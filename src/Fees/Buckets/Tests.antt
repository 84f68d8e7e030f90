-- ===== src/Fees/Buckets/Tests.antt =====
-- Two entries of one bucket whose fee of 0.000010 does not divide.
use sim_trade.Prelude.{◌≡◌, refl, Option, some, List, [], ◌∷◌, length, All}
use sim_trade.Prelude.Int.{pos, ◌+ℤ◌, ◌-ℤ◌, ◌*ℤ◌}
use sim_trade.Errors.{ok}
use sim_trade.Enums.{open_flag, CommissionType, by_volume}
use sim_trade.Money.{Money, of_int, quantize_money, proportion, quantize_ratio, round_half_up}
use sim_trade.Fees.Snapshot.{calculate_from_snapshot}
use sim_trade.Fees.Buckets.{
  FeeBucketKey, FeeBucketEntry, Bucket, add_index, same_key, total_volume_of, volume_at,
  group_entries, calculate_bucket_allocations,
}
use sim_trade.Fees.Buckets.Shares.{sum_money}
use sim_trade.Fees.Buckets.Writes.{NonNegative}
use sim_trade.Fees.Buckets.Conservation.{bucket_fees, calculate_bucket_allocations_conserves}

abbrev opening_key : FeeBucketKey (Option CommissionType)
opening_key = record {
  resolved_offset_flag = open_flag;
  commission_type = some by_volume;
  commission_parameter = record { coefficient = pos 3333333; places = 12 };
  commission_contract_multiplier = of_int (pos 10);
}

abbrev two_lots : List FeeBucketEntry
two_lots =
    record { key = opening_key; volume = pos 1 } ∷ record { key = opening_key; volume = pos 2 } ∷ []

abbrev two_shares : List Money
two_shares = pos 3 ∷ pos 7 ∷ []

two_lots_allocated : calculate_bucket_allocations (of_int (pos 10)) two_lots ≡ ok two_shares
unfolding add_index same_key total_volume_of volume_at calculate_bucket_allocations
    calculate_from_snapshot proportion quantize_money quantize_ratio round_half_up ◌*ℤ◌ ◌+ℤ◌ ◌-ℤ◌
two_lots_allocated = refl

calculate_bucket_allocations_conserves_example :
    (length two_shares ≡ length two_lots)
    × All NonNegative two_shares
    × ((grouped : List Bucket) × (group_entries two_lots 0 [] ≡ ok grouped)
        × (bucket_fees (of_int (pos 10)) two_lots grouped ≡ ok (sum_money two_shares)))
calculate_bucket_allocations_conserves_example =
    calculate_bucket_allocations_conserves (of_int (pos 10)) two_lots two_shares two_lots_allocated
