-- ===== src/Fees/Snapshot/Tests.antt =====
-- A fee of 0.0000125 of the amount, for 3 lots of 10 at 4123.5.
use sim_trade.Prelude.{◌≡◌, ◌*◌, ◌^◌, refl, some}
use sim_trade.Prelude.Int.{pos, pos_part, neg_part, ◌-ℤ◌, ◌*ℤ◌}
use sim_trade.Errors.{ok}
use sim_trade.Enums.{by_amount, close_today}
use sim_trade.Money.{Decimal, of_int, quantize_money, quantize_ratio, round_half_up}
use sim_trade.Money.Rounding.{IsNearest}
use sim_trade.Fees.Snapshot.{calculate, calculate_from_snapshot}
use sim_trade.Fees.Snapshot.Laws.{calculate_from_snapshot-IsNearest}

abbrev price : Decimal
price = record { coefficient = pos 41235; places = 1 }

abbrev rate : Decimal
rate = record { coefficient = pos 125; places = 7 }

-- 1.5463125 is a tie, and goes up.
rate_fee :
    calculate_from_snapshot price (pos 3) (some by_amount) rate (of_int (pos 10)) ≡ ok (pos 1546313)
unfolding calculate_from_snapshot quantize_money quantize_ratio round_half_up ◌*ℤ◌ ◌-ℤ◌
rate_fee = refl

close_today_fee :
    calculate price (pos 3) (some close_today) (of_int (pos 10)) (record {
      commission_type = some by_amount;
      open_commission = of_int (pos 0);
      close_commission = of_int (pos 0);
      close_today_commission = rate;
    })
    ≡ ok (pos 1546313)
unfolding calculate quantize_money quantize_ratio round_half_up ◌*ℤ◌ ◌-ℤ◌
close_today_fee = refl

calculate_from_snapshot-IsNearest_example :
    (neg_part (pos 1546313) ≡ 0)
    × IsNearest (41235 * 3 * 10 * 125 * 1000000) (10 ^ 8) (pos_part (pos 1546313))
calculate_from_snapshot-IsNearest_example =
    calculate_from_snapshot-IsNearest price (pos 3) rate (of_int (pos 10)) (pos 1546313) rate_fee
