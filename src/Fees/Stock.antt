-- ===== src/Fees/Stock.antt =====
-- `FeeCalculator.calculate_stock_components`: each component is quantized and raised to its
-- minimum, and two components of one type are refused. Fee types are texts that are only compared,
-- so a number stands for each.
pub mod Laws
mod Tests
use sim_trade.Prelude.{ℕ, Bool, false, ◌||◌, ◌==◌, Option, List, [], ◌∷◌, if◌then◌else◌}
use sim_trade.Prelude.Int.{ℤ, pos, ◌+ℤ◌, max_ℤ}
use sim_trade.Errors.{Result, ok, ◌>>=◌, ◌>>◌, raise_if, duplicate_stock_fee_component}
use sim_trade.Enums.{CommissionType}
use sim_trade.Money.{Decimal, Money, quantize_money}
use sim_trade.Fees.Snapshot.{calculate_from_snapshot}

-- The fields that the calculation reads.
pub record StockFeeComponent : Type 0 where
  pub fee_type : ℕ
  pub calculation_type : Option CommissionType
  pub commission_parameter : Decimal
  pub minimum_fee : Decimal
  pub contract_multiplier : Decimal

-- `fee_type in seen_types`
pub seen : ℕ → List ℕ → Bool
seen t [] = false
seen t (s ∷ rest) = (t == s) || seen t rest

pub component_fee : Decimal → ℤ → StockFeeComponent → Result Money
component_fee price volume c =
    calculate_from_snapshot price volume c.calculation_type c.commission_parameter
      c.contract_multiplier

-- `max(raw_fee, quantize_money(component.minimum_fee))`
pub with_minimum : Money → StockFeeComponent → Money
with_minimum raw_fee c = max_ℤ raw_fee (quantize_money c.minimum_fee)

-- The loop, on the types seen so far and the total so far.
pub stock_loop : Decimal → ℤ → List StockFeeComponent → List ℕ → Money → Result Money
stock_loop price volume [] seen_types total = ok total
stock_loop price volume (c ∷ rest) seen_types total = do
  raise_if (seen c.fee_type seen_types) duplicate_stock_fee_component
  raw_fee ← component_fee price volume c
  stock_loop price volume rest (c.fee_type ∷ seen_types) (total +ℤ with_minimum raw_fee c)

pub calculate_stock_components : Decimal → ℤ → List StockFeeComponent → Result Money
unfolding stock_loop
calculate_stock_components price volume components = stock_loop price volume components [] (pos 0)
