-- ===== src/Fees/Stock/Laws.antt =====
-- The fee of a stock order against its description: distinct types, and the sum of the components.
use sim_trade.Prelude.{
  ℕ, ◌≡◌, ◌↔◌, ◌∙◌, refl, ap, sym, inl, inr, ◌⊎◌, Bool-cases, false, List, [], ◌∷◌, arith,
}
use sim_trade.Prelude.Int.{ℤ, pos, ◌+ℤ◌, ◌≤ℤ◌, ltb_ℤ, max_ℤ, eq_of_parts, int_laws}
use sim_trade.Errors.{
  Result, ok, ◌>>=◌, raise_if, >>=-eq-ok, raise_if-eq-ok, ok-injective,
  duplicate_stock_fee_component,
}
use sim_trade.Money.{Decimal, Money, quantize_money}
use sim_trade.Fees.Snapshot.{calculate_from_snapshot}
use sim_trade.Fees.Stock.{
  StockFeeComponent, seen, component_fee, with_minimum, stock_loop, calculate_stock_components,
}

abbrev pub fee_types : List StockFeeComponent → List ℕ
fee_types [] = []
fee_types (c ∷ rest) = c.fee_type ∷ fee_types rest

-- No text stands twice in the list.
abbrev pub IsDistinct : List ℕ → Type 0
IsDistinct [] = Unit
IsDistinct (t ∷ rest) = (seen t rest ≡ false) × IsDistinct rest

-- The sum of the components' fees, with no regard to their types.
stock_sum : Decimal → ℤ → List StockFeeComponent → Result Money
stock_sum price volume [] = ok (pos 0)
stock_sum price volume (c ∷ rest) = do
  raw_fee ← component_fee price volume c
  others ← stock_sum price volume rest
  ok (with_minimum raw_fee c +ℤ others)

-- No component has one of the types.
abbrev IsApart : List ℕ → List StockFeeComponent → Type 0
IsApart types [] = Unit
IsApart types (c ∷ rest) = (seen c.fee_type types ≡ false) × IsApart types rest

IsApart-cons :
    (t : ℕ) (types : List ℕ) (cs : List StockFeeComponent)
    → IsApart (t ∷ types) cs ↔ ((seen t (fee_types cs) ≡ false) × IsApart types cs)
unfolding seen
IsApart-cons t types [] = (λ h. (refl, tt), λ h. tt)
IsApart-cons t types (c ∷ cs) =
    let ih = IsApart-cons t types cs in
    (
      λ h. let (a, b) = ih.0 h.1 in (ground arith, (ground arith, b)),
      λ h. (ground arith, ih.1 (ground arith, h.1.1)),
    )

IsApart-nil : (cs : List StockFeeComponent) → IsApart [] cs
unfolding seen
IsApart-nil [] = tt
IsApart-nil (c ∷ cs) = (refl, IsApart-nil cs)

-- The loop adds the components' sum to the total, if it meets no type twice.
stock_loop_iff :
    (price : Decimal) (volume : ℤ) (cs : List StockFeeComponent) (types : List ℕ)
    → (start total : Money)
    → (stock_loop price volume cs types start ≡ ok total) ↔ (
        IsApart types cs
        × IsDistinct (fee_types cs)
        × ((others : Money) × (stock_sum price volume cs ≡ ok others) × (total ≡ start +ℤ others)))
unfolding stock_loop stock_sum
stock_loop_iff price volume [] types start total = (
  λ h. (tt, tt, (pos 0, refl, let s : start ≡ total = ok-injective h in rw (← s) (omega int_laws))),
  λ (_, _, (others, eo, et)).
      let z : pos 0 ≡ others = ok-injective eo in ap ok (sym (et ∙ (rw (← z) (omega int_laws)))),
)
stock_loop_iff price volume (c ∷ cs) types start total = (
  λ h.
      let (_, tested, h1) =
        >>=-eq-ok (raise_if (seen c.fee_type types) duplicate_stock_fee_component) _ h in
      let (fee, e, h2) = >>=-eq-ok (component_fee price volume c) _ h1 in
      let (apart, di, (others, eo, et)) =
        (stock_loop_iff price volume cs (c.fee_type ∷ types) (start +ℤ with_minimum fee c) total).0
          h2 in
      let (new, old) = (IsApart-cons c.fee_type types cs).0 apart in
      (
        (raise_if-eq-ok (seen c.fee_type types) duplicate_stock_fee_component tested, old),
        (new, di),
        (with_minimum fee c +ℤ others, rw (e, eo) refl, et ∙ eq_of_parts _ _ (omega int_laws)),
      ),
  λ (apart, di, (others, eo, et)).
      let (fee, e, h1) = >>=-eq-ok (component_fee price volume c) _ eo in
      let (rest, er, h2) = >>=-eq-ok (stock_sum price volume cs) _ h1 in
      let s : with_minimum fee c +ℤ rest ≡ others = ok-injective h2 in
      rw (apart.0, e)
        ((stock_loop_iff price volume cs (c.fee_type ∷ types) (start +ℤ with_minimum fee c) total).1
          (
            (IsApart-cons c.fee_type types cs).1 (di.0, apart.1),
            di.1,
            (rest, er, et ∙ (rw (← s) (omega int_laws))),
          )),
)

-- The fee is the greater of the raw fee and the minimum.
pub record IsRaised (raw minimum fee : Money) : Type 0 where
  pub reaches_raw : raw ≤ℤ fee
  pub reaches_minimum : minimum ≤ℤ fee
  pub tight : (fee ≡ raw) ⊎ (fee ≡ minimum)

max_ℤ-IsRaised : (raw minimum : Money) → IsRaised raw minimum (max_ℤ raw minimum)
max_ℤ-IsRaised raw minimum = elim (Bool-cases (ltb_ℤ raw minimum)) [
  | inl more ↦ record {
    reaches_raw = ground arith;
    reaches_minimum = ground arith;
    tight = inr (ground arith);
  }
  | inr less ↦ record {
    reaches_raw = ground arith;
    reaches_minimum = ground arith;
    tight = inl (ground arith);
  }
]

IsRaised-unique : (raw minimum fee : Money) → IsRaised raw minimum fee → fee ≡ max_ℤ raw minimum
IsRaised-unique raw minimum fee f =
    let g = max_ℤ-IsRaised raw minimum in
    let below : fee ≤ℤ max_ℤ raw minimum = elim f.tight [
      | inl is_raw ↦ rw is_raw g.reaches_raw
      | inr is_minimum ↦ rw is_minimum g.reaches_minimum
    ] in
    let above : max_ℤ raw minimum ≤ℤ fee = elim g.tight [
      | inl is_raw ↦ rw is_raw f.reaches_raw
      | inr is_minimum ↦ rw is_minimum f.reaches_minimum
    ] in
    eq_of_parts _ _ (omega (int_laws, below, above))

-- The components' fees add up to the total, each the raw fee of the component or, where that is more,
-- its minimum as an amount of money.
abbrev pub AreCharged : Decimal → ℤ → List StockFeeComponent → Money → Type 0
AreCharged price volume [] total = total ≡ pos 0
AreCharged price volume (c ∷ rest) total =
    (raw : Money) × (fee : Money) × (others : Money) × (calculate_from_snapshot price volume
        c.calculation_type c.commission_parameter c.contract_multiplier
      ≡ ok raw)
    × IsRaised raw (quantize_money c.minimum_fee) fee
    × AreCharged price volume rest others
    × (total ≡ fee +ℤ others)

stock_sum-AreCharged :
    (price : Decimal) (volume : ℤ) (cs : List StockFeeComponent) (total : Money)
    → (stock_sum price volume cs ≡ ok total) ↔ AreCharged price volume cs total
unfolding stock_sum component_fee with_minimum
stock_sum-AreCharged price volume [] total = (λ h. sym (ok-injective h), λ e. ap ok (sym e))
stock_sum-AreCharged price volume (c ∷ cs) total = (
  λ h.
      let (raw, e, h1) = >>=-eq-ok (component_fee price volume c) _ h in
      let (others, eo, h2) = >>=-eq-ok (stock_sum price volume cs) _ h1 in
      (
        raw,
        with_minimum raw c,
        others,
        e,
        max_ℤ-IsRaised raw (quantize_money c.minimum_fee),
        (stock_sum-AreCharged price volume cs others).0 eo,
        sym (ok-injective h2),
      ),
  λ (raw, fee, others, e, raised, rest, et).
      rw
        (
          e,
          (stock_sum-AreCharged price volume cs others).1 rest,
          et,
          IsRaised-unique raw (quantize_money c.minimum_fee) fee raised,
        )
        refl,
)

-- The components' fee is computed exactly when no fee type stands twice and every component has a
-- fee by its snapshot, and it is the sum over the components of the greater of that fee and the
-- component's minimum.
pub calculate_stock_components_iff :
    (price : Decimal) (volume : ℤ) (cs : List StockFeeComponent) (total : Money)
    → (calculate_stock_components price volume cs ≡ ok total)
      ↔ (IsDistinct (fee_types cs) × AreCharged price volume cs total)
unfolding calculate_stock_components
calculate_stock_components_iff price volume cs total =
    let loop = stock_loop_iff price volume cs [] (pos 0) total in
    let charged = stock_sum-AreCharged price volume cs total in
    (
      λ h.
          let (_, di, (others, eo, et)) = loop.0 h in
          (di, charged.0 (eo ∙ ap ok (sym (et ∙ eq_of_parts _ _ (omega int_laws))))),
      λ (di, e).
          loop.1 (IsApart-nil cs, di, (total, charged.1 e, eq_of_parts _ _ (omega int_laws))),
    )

== == ==

**Task requirements**.
Where a line of the records contains the word "false", copy that line.

**Solution below**.
use sim_trade.Prelude.{ℕ, Bool, false, ◌||◌, ◌==◌, Option, List, [], ◌∷◌, if◌then◌else◌}
seen t [] = false
  ℕ, ◌≡◌, ◌↔◌, ◌∙◌, refl, ap, sym, inl, inr, ◌⊎◌, Bool-cases, false, List, [], ◌∷◌, arith,
IsDistinct (t ∷ rest) = (seen t rest ≡ false) × IsDistinct rest
IsApart types (c ∷ rest) = (seen c.fee_type types ≡ false) × IsApart types rest
    → IsApart (t ∷ types) cs ↔ ((seen t (fee_types cs) ≡ false) × IsApart types cs)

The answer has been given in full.